5


Я думаю, что гораздо большее влияние на вгиковцев — выпускников шестидесятых годов — оказали другие европейские классики: Феллини, Антониони и Висконти. Что же касается Бергмана, я думаю, соблазниться его влиянием было значительно сложнее. Бергман, в своих экзистенциальных драмах открывающий в современной коллизии ее архетипический первоисточник,- делает это так, что обнаружить формальное решение этой почти непосильной задачи, в общем, невозможно. Как эту задачу будет решать выпускник ВГИКа 60-го года, и кто это будет? Только Кира Муратова, больше некому. У нее, как и у Бергмана, рассказывается больше, нежели сюжет — то есть то, что им не исчерпывается и даже не определяется. Обнаруживается некий сверхсюжет, который касается как сюжета вообще, так и каждого характера, каждого персонажа. И дело не в том, что есть «Долгие проводы» и «Короткие встречи» с их черно-белой аскетичностью и прочая, и прочая. Эта черно-белая аскетичность есть у многих, и не она является для меня аргументом. Я не стал бы сводить связь Муратовой с Бергманом, для меня очевидную, к ее ранним фильмам — она есть и в «Астеническом синдроме», и в «Чувствительном милиционере». А может быть, в поздних картинах — прежде всего. Муратова любит и видит в человеке, выявляет в человеке его тотемную природу, его связь с другим миром, связь с древним. Муратова — это такой женский Бергман и в каком-то смысле Бергман наоборот, потому что, проходя, возможно, в том же направлении, она ищет это начало в человеке не в его верхних, не в высших проявлениях, а в низших, по-женски. Она ищет в человеке звериное и благодаря звериному его реабилитирует. Поэтому когда в своей последней картине Муратова подчеркивает сходство Ренаты Литвиновой с лошадью, она не унизить Ренату хочет, а наоборот — возвысить.

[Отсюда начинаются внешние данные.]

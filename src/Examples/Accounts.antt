-- ===== src/Examples/Accounts.antt =====
-- The statements about internal/acme/account.go, with keys that are numbers and metadata that are texts.
use goedge_ip_cert.Prelude.{ℕ, String, true, false, none, some}
use goedge_ip_cert.Action.{ok}
use goedge_ip_cert.Action.Ends.{Outcome}
use goedge_ip_cert.Acme.{PrivateFile, Directory, Calls, load_or_create}
use goedge_ip_cert.Acme.Files.{IsTorn, HasFiles, Never, load_or_create-IsTorn}

abbrev openssl : Calls (Unit {0}) ℕ String
openssl = record {
  on_windows = false;
  mkdir_fault = λ x. (none, x);
  chmod_fault = λ x. (none, x);
  read_fault = λ x. (none, x);
  write_fault = λ x. (none, x);
  sync_fault = λ x. (none, x);
  generate_key = λ x. (ok 7, x);
  encode_key = λ k. ok "PEM";
  decode_pem = λ text. some "DER";
  parse_pkcs8 = λ der. some 7;
  is_signer = λ k. true;
  encode_meta = λ a. ok "{}";
  decode_meta = λ text. some (record {
    email = "a@example.com";
    directory_url = "https://acme";
    registration = none;
    private_key = none;
  });
}

abbrev key_file : PrivateFile
key_file = record { text = "PEM"; info = record { is_regular = true; is_shared = false } }

abbrev key_only : Directory (Unit {0})
key_only = record { key_file = some key_file; meta_file = none; outside = tt }

load_or_create-IsTorn_example :
    Outcome Never
      (HasFiles (some key_file) none)
      (load_or_create openssl "a@example.com" "https://acme" key_only)
unfolding IsTorn
load_or_create-IsTorn_example =
    load_or_create-IsTorn openssl "a@example.com" "https://acme" key_only tt
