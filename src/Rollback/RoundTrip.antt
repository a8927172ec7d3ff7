-- ===== src/Rollback/RoundTrip.antt =====
-- What save writes is what load reads.
use goedge_ip_cert.Prelude.{
  ◌≡◌, refl, Bool, true, false, Option, none, some, List, [], ◌∷◌, ◌++◌, eq_refl, Bool-cases,
  Option-cases, inl, inr, arith,
}
use goedge_ip_cert.Error.{Error}
use goedge_ip_cert.Action.Success.{err≢ok}
use goedge_ip_cert.Action.{ok, ◌>>=◌, lift_option}
use goedge_ip_cert.World.{World, Outside, Snapshot, File, external_fault, get_dir, set_dir}
use goedge_ip_cert.State.Tables.{delete, select}
use goedge_ip_cert.Rollback.Encoding.{decode-encode}
use goedge_ip_cert.Rollback.{
  has_stem, snapshot_file, is_incomplete, is_operation_id, save, load, check_file, check_json,
}

-- A file that takes the place of all of its name is found by its name.
pub select-delete-append :
    {A : Type 0} (p : A → Bool) (xs : List A) (x : A)
    → p x ≡ true
    → select p (delete p xs ++ x ∷ []) ≡ some x
unfolding select delete
select-delete-append p [] x h = rw h refl
select-delete-append p (y ∷ ys) x h = elim (Bool-cases (p y)) [
  | inl e ↦ rw (e, delete) (select-delete-append p ys x h)
  | inr e ↦ rw (e, delete, e) (select-delete-append p ys x h)
]

pub has_stem_self : (s : Snapshot) → has_stem s.operation_id (snapshot_file s) ≡ true
has_stem_self s = rw (eq_refl s.operation_id) refl

-- The name that save gives to a snapshot is the name that load looks for.
pub saved-select :
    (s : Snapshot) (files : List File)
    → select
        (has_stem s.operation_id)
        (delete (has_stem s.operation_id) files ++ snapshot_file s ∷ [])
      ≡ some (snapshot_file s)
saved-select s files =
    select-delete-append (has_stem s.operation_id) files (snapshot_file s) (has_stem_self s)

complete-id : (s : Snapshot) → is_incomplete s ≡ false → is_operation_id s.operation_id ≡ true
unfolding is_incomplete
complete-id s h = ground arith

pub fault-dir :
    {X : Type 0} (f : X → Option Error × X) (w : World X)
    → (external_fault f w).1.rollback_dir ≡ w.rollback_dir
unfolding external_fault lift_option
fault-dir f w = elim (Option-cases (f w.outside).0) [
  | inl e ↦ rw (e, external_fault) refl
  | inr (x, e) ↦ rw (e, external_fault) refl
]

module _ {X : Type 0} (o : Outside X) where
  -- After save, without an error, the snapshot is on disk.
  pub save-select :
      (s : Snapshot) (w : World X) (u : Unit {0})
      → (save o s w).0 ≡ ok u
      → select (has_stem s.operation_id) (save o s w).1.rollback_dir ≡ some (snapshot_file s)
  unfolding save ◌>>=◌ external_fault get_dir set_dir
  save-select s w u h = elim (Bool-cases (is_incomplete s)) [
    | inl e ↦ absurd (err≢ok (rw (e, save) at h))
    | inr e ↦ elim (Option-cases (o.file_fault w.outside).0) [
      | inr (x, f) ↦ absurd (err≢ok (rw (e, f, save, external_fault) at h))
      | inl f ↦
          let files = delete (has_stem s.operation_id) w.rollback_dir ++ snapshot_file s ∷ [] in
          let w' : World X = record w {
            rollback_dir = files;
            outside = (o.file_fault w.outside).1;
          } in
          rw (e, f, save, external_fault, fault-dir o.file_fault w') (saved-select s w.rollback_dir)
    ]
  ]

module _ {X : Type 0} (o : Outside X) (fine : (x : X) → (o.file_fault x).0 ≡ none) where
  fault-fine :
      (w : World X)
      → external_fault o.file_fault w ≡ (ok tt, record w { outside = (o.file_fault w.outside).1 })
  unfolding external_fault lift_option
  fault-fine w = rw (fine w.outside) refl

  save_fine : (s : Snapshot) (w : World X) → is_incomplete s ≡ false → (save o s w).0 ≡ ok tt
  unfolding save ◌>>=◌ get_dir set_dir
  save_fine s w h =
      let files = delete (has_stem s.operation_id) w.rollback_dir ++ snapshot_file s ∷ [] in
      let w' : World X = record w { rollback_dir = files; outside = (o.file_fault w.outside).1 } in
      rw (h, fault-fine w, fault-fine w') refl

  load_on_disk :
      (s : Snapshot) (w : World X)
      → is_incomplete s ≡ false
      → select (has_stem s.operation_id) w.rollback_dir ≡ some (snapshot_file s)
      → (load o s.operation_id w).0 ≡ ok s
  unfolding load ◌>>=◌ get_dir check_file check_json
  load_on_disk s w h e =
      rw
        (
          complete-id s h,
          fault-fine w,
          e,
          fault-fine (record w { outside = (o.file_fault w.outside).1 }),
          decode-encode s,
          h,
          eq_refl s.operation_id,
        )
        refl

  -- On a disk without faults, a complete snapshot is read back under the ID of its operation as it
  -- was saved, whatever files the directory had before.
  pub load-save :
      (s : Snapshot) (w : World X)
      → is_incomplete s ≡ false
      → (load o s.operation_id (save o s w).1).0 ≡ ok s
  load-save s w h = load_on_disk s (save o s w).1 h (save-select o s w tt (save_fine s w h))
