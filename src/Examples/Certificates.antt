-- ===== src/Examples/Certificates.antt =====
-- The statements about internal/certificate and internal/rollback at a certificate for 8.8.8.8.
use goedge_ip_cert.Prelude.{◌≡◌, refl, false, [], ◌∷◌}
use goedge_ip_cert.Prelude.Int.{pos}
use goedge_ip_cert.Action.{ok}
use goedge_ip_cert.Ipv4.{parse_public}
use goedge_ip_cert.Certificate.{Verified, verify}
use goedge_ip_cert.Certificate.Soundness.{Accepted, verify-Accepted}
use goedge_ip_cert.World.{Snapshot}
use goedge_ip_cert.Rollback.{is_incomplete, save, load}
use goedge_ip_cert.Rollback.RoundTrip.{load-save}
use goedge_ip_cert.Examples.{crypto, calm, world}

abbrev verified : Verified
verified = record {
  cert_pem = 1 ∷ [];
  key_pem = 2 ∷ [];
  not_before = pos 10;
  not_after = pos 1000;
  dns_names = "8.8.8.8" ∷ [];
  common_names = "CA" ∷ "CA" ∷ [];
  fingerprint = "digest";
}

verifies : verify crypto (1 ∷ []) (2 ∷ []) "8.8.8.8" (pos 20) ≡ ok verified
unfolding verify parse_public
verifies = refl

verify-Accepted_example : Accepted crypto (1 ∷ []) (2 ∷ []) "8.8.8.8" (pos 20) verified
verify-Accepted_example =
    verify-Accepted crypto (1 ∷ []) (2 ∷ []) "8.8.8.8" (pos 20) verified verifies

abbrev snapshot : Snapshot
snapshot = record {
  version = pos 1;
  operation_id = "0123456789abcdef0123456789abcdef";
  ipv4 = "8.8.8.8";
  cert_id = pos 7;
  new_fingerprint = "new";
  old_fingerprint = "old";
  old = record {
    id = pos 7;
    user_id = pos 0;
    is_on = false;
    name = "edge";
    description = "";
    server_name = "";
    is_ca = false;
    cert_data = 1 ∷ [];
    key_data = 2 ∷ [];
    time_begin_at = pos 0;
    time_end_at = pos 0;
    dns_names = "8.8.8.8" ∷ [];
    common_names = [];
  };
}

snapshot_complete : is_incomplete snapshot ≡ false
unfolding is_incomplete
snapshot_complete = refl

load-save_example : (load calm snapshot.operation_id (save calm snapshot world).1).0 ≡ ok snapshot
load-save_example = load-save calm (λ x. refl) snapshot world snapshot_complete
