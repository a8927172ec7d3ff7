-- ===== src/Examples/Commands.antt =====
-- The statements about internal/config and cmd/goedge-ip-cert at the configuration of the examples.
use goedge_ip_cert.Prelude.{◌+◌, ◌≤◌, ◌≡◌, refl, true, false, none, some}
use goedge_ip_cert.Prelude.Int.{pos, ◌*ℤ◌}
use goedge_ip_cert.Action.{ok, ◌>>=◌}
use goedge_ip_cert.Ipv4.{parse_public}
use goedge_ip_cert.Security.Secret.{SecretRef}
use goedge_ip_cert.Security.Redact.{has_prefix}
use goedge_ip_cert.Config.{
  Config, Net, load, validate, set_defaults, accepts_endpoint, accepts_url, is_local_host,
  accepts_goedge, accepts_acme, accepts_schedule, is_abs, lets_encrypt_production,
}
use goedge_ip_cert.Config.Accepted.{Accepted, WithDefaults, load-Accepted}
use goedge_ip_cert.Lock.{granted}
use goedge_ip_cert.Lifecycle.Sent.{orders}
use goedge_ip_cert.Command.{
  Setup, RunFlags, Dsn, run_once_command, validate_dsn, is_local_database, is_unsafe,
}
use goedge_ip_cert.Command.Safety.{LocalDsn, orders-run_once_command, validate_dsn-LocalDsn}
use goedge_ip_cert.Examples.{calm, world}

abbrev secret : SecretRef
secret = record { file = "/etc/goedge-ip-cert/secret"; env = "" }

-- The schedule is left to the defaults.
abbrev written : Config
written = record {
  version = pos 1;
  ipv4 = "8.8.8.8";
  goedge = record {
    endpoint = "http://127.0.0.1:8004";
    identity_type = "admin";
    access_key_id = secret;
    access_key = secret;
    request_timeout = pos 0;
  };
  database = record { name = "db_edge"; dsn = secret };
  acme = record {
    directory_url = lets_encrypt_production;
    email = "admin";
    account_dir = "/var/lib/goedge-ip-cert/acme";
  };
  state_path = "/var/lib/goedge-ip-cert/state.db";
  schedule = record {
    renew_before = pos 0;
    retry_min = pos 0;
    retry_max = pos 0;
    jitter_max = pos 0;
  };
}

abbrev net : Net
net = record {
  parse_url = λ s. some (record {
    scheme = "http";
    host = "127.0.0.1:8004";
    hostname = "127.0.0.1";
    has_user = false;
    raw_query = "";
    fragment = "";
  });
  is_loopback = λ host. some true;
}

is_loaded : (load net (λ (x : Unit {0}). (ok written, x)) tt).0 ≡ ok (set_defaults written)
unfolding load validate accepts_endpoint accepts_url is_local_host accepts_goedge accepts_acme
    accepts_schedule is_abs parse_public has_prefix ◌*ℤ◌ ◌>>=◌
is_loaded = refl

load-Accepted_example :
    Accepted net (set_defaults written)
    × ((decoded : Config) × (ok written ≡ ok decoded) × WithDefaults decoded (set_defaults written))
load-Accepted_example =
    load-Accepted net (λ (x : Unit {0}). (ok written, x)) tt (set_defaults written) is_loaded

abbrev dsn : Dsn
dsn = record {
  db_name = "db_edge";
  multi_statements = false;
  allow_all_files = false;
  allow_cleartext_passwords = false;
  net = "tcp";
  addr = "127.0.0.1:3306";
  host = some "127.0.0.1";
}

is_valid :
    validate_dsn net (λ s. some dsn) "user:password@tcp(127.0.0.1:3306)/db_edge" "db_edge" ≡ none
unfolding validate_dsn is_local_database is_unsafe is_local_host
is_valid = refl

validate_dsn-LocalDsn_example : LocalDsn net "db_edge" (some dsn)
validate_dsn-LocalDsn_example =
    validate_dsn-LocalDsn net (λ s. some dsn) "user:password@tcp(127.0.0.1:3306)/db_edge" "db_edge"
      is_valid

abbrev setup : Setup (Unit {0})
setup = record {
  net = net;
  secrets = record {
    lookup_env = λ name x. (ok none, x);
    lstat = λ file x. (ok (record { is_regular = true; is_shared = false }), x);
    read_file = λ file x. (ok "secret", x);
    on_windows = false;
  };
  lock = record {
    mkdir_all = λ path x. (ok tt, x);
    chmod = λ path x. (ok tt, x);
    open_no_follow = λ path x. (ok tt, x);
    flock = λ path x. (ok granted, x);
  };
  read_config = λ path x. (ok written, x);
  parse_dsn = λ s. some dsn;
  open_state = λ path s. (ok tt, s);
  new_client = λ endpoint x. (ok tt, x);
  open_account = λ dir email url x. (ok "account", x);
  open_rollbacks = λ path x. (ok tt, x);
}

abbrev flags : RunFlags
flags = record { apply = true; timer = true; manual_retry = false }

orders-run_once_command_example :
    orders (run_once_command calm setup "config.yaml" flags world).1.sent ≤ 1 + orders world.sent
orders-run_once_command_example = orders-run_once_command calm setup "config.yaml" flags world

abbrev no_flags : RunFlags
no_flags = record { apply = false; timer = false; manual_retry = false }
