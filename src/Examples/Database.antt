-- ===== src/Examples/Database.antt =====
-- The statements about internal/bootstrap/database.go at a fresh machine whose MySQL answers a user
-- with too many grants.
use mathlib.Core.Logic.{◌↔◌}
use goedge_ip_cert.Prelude.{◌≡◌, refl, List, String, true, false, none, some, [], ◌∷◌}
use goedge_ip_cert.Prelude.Int.{pos}
use goedge_ip_cert.Action.{ok}
use goedge_ip_cert.Action.Ends.{Outcome}
use goedge_ip_cert.Bootstrap.{Machine, Calls, exact_grants, initialize_database}
use goedge_ip_cert.Bootstrap.Grants.{AllAllowed, SomeGranted, exact_grants_lem}
use goedge_ip_cert.Bootstrap.Cleanup.{On, Clean, Ready, initialize_database-Outcome}

abbrev mysql : Calls (Unit {0})
mysql = record {
  net = record { parse_url = λ s. none; is_loopback = λ s. some true };
  stat_fault = λ x. (none, x);
  lstat = λ x. (ok (record { is_regular = true; is_shared = false }), x);
  on_windows = false;
  read_config = λ x. (
    ok (record {
      user = "root";
      password = "secret";
      host = "127.0.0.1:3306";
      database = "db_edge";
      host_name = some "127.0.0.1";
    }),
    x,
  );
  connect_admin = λ c x. (ok tt, x);
  table_count = λ d x. (ok (pos 1), x);
  random_password = λ x. (ok "Abc_-9", x);
  query_fault = λ x. (none, x);
  exec_fault = λ sql x. (none, x);
  read_fault = λ x. (none, x);
  write_fault = λ x. (none, x);
  remove_fault = λ x. (none, x);
  connect = λ dsn x. (ok tt, x);
  show_grants = λ x. (ok ("GRANT ALL PRIVILEGES ON *.* TO 'goedge_ip_cert'@'127.0.0.1'" ∷ []), x);
  parse_database = λ dsn. some "db_edge";
  format_dsn = λ c p. "dsn";
  drop_password = λ grant. grant;
}

abbrev fresh : Machine (Unit {0})
fresh = record { credential = none; database_file = none; has_user = false; outside = tt }

abbrev new_user_grants : List String
new_user_grants =
    "GRANT USAGE ON *.* TO 'goedge_ip_cert'@'127.0.0.1'"
    ∷ "GRANT SELECT, INSERT, DELETE ON `db_edge`.`edgeACMEAuthentications` TO 'goedge_ip_cert'@'127.0.0.1'"
    ∷ []

exact_grants_lem_example :
    (exact_grants mysql new_user_grants "db_edge" ≡ true)
    ↔ (AllAllowed mysql "db_edge" new_user_grants × SomeGranted mysql "db_edge" new_user_grants)
exact_grants_lem_example = exact_grants_lem mysql "db_edge" new_user_grants

initialize_database-Outcome_example :
    Outcome (On Ready) (On Clean) (initialize_database mysql true fresh)
unfolding On Clean
initialize_database-Outcome_example =
    initialize_database-Outcome mysql true fresh (λ x. refl) (λ x. refl) (refl, refl)
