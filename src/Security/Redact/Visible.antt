-- ===== src/Security/Redact/Visible.antt =====
-- What a redacted text cannot hold.
use Prim.Native.Char.{code}
use text.Mathlib.TextLemmas.{nil-append, cons-append}
use goedge_ip_cert.Prelude.{
  ℕ, zero, suc, ◌+◌, ◌≤◌, ◌≡◌, refl, String, ◌<>◌, Bool, true, ◌&&◌, ◌||◌, false, List, arith, leb,
  ltb, Bool-cases, inl, inr,
}
use goedge_ip_cert.Security.Redact.{
  Patterns, is_hidden, drop_hidden, redact, redact_header, replace_secrets, characters,
  first_characters, safe_api_message, new_redactor,
}

-- The characters that may be shown, range by range: what is left out are the controls, U+200B to U+200D,
-- U+202A to U+202E, U+2066 to U+2069, U+FEFF and the tags.
abbrev pub is_shown : ℕ → Bool
is_shown c =
    leb 0x20 c && leb c 0x7e
    || leb 0xa0 c && leb c 0x200a
    || leb 0x200e c && leb c 0x2029
    || leb 0x202f c && leb c 0x2065
    || leb 0x206a c && leb c 0xfefe
    || leb 0xff00 c && leb c 0xdffff
    || leb 0xe0080 c

abbrev pub is_visible : String → Bool
is_visible String.[] = true
is_visible (String.◌∷◌ c s) = is_shown (code c) && is_visible s

hidden_or_shown : (c : ℕ) → is_hidden c ≡ false → is_shown c ≡ true
hidden_or_shown c h = ground arith

drop_hidden-visible : (s : String) → is_visible (drop_hidden s) ≡ true
unfolding drop_hidden
drop_hidden-visible String.[] = refl
drop_hidden-visible (String.◌∷◌ c s) = elim (Bool-cases (is_hidden (code c))) [
  | inl e ↦ rw (e, drop_hidden) (drop_hidden-visible s)
  | inr e ↦ rw (e, drop_hidden, hidden_or_shown (code c) e) (drop_hidden-visible s)
]

first-visible :
    (n : ℕ) (s : String) → is_visible s ≡ true → is_visible (first_characters n s) ≡ true
first-visible zero s h = refl
first-visible (suc n) String.[] h = refl
first-visible (suc n) (String.◌∷◌ c s) h = ground (arith, first-visible n s)

append-visible :
    (s t : String) → is_visible s ≡ true → is_visible t ≡ true → is_visible (s <> t) ≡ true
append-visible String.[] t h k = rw (nil-append t) k
append-visible (String.◌∷◌ c s) t h k = rw (cons-append c s t) (ground (arith, append-visible s t))

characters-first : (n : ℕ) (s : String) → characters (first_characters n s) ≤ n
characters-first zero s = omega arith
characters-first (suc n) String.[] = omega arith
characters-first (suc n) (String.◌∷◌ c s) = omega (arith, characters-first n s)

characters-append : (s t : String) → characters (s <> t) ≡ characters s + characters t
characters-append String.[] t = rw (nil-append t) (omega arith)
characters-append (String.◌∷◌ c s) t = rw (cons-append c s t) (omega (arith, characters-append s t))

redact-visible :
    (p : Patterns) (secrets : List String) (text : String)
    → is_visible (redact p secrets text) ≡ true
unfolding redact
redact-visible p secrets text = drop_hidden-visible (
    replace_secrets secrets
      (p.redact_dsn (p.replace_headers redact_header (p.redact_private_keys (p.drop_ansi text)))))

-- Whatever text the EdgeAPI sends and whatever the patterns make of it, the message that ends up in an
-- error has at most 1024 characters and "...", and none of them is a control character, one of U+200B to
-- U+200D, U+202A to U+202E, U+2066 to U+2069 and U+FEFF, or a tag character.
pub safe_api_message_lem :
    (p : Patterns) (secrets : List String) (text : String)
    → (is_visible (safe_api_message p secrets text) ≡ true)
      × (characters (safe_api_message p secrets text) ≤ 1027)
unfolding safe_api_message
safe_api_message_lem p secrets text =
    let m = redact p (new_redactor secrets) text in
    let v = redact-visible p (new_redactor secrets) text in
    elim (Bool-cases (ltb 1024 (characters m))) [
      | inl e ↦
          let short = characters-first 1024 m in
          rw (e, safe_api_message)
            (
              append-visible (first_characters 1024 m) "..." (first-visible 1024 m v) refl,
              rw (characters-append (first_characters 1024 m) "...") (omega arith),
            )
      | inr e ↦ rw (e, safe_api_message) (v, ground arith)
    ]
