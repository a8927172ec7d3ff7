-- ===== src/GoEdge/Api.antt =====
-- What the client of internal/goedge exchanges with the EdgeAPI: the requests with their paths, the
-- answers, and what encoding/json reads from them. A type `D` stands for raw JSON.
use goedge_ip_cert.Prelude.{ℕ, String, Bool, Option, List}
use goedge_ip_cert.Prelude.Int.{ℤ}
use goedge_ip_cert.Error.{Error}
use goedge_ip_cert.Action.{Action}
use goedge_ip_cert.GoEdge.Model.{
  Credentials, CertificateInput, CertificateConfig, ServerName, SslPolicy, SslPolicyRef,
}

pub data ApiRequest : Type 0 where
  get_token : Credentials → ApiRequest
  -- the keyword, if the request has one; then the offset
  count_servers : Option String → ApiRequest
  list_servers : Option String → ℕ → ApiRequest
  list_nodes : ℤ → ApiRequest
  create_cert update_cert : CertificateInput → ApiRequest
  find_cert : ℤ → ApiRequest
  list_certs : String → ℤ → ApiRequest
  find_policy : ℤ → ApiRequest

unfoldable pub path : ApiRequest → String
path (get_token c) = "/APIAccessTokenService/getAPIAccessToken"
path (count_servers k) = "/ServerService/countAllEnabledServersMatch"
path (list_servers k offset) = "/ServerService/listEnabledServersMatch"
path (list_nodes cluster) = "/NodeService/listEnabledNodesMatch"
path (create_cert input) = "/SSLCertService/createSSLCert"
path (update_cert input) = "/SSLCertService/updateSSLCert"
path (find_cert id) = "/SSLCertService/findEnabledSSLCertConfig"
path (list_certs marker user) = "/SSLCertService/listSSLCerts"
path (find_policy id) = "/SSLPolicyService/findEnabledSSLPolicyConfig"

-- The JSON value of an envelope's code: a number that fits in an int, a text with what strconv.Atoi
-- reads from it, or anything else; `absent` is also null, which leaves the code 0.
pub data CodeJson : Type 0 where
  number_code : ℤ → CodeJson
  text_code : Option ℤ → CodeJson
  other_code absent : CodeJson

-- An envelope as encoding/json splits it; `payload` is none when it is missing or null.
pub record Envelope (D : Type 0) : Type 0 where
  pub code : CodeJson
  pub message : List ℕ
  pub payload : Option D

-- What io.ReadAll finds in a body: an error, or the number of bytes read and what json.Unmarshal makes
-- of them.
pub data Body (D : Type 0) : Type 0 where
  broken : Error → Body D
  read : ℕ → Option (Envelope D) → Body D

pub record Response (D : Type 0) : Type 0 where
  pub status : ℕ
  pub body : Body D

-- A field of raw JSON bytes: empty or the text null, not decodable, or decoded.
pub data Field (A : Type 0) : Type 0 where
  missing invalid : Field A
  present : A → Field A

pub record TokenResult : Type 0 where
  pub token : String
  -- Unix seconds
  pub expires_at : ℤ

-- httpsConfig
pub record HttpsConfig : Type 0 where
  pub is_on : Bool
  pub ssl_policy_ref : Option SslPolicyRef

pub record NodeCluster : Type 0 where
  pub id : ℤ
  pub name : String

-- serverResponse; `names` is what json.Unmarshal makes of ServerNamesJSON.
pub record ServerResponse : Type 0 where
  pub id : ℤ
  pub user_id : ℤ
  pub name : String
  pub names : Option (List ServerName)
  pub https : Field HttpsConfig
  pub node_cluster : Option NodeCluster

pub record Node : Type 0 where
  pub is_installed : Bool
  pub is_on : Bool
  pub is_up : Bool

-- json.Unmarshal into the response of each request.
pub record Decoders (D : Type 0) : Type 0 where
  pub token : D → Option TokenResult
  pub count : D → Option ℤ
  pub servers : D → Option (List ServerResponse)
  pub nodes : D → Option (List Node)
  pub ssl_cert_id : D → Option ℤ
  pub empty : D → Option (Unit {0})
  pub ssl_cert : D → Option (Field CertificateConfig)
  -- the list, if SSLCertsJSON is decodable
  pub ssl_certs : D → Option (Option (List CertificateConfig))
  pub ssl_policy : D → Option (Field SslPolicy)

-- What the client is made with, and what it uses of Go's library: the clock in nanoseconds, the
-- credentials, http.NewRequestWithContext with json.Marshal, and Do. `send` has the token, which is
-- not sent when it is empty.
pub record Api (X D : Type 0) : Type 0 where
  pub now : X → ℤ × X
  pub credentials : Action X Credentials
  pub new_request : ApiRequest → Option Error
  pub send : ApiRequest → String → Action X (Response D)
  pub decode : Decoders D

Получается, что это древнее, первобытное, тотемное в героях Муратовой отражает развитие новой, идущей от Бергмана метафизики: настоящее, в котором проступает сверхвремя. Для Бергмана нет настоящего, прошлого и будущего, и для Муратовой нет настоящего, прошлого и будущего. В этом смысле она может быть даже значительно более близка к Бергману, чем Тарковский. То же, что сближает Тарковского с Бергманом и что фиксируют исследователи, занятые этим сближением, — вещи довольно поверхностные: некая экстатичность, истероидная религиозность — то, что по-русски называется «духовка». А Бергман занят местом современного человека в мироздании. Он пытается через современную историю рассказать про то, что такое «Мне отмщение и аз воздам».

В связи с влиянием Бергмана можно говорить о самых разных вещах, но прежде всего — о той эстетике, которая идет от Бергмана и связана с совершенно особым пониманием реальности. Я сейчас не буду говорить, что это за реальность, потому что сказать «заниженная», «бытовая» и так далее было бы в высшей степени неверно, но именно такая реальность была воспринята у нас, и тут прежде всего мы упомянем таких режиссеров, как Муратова, Герман, Кайдановский.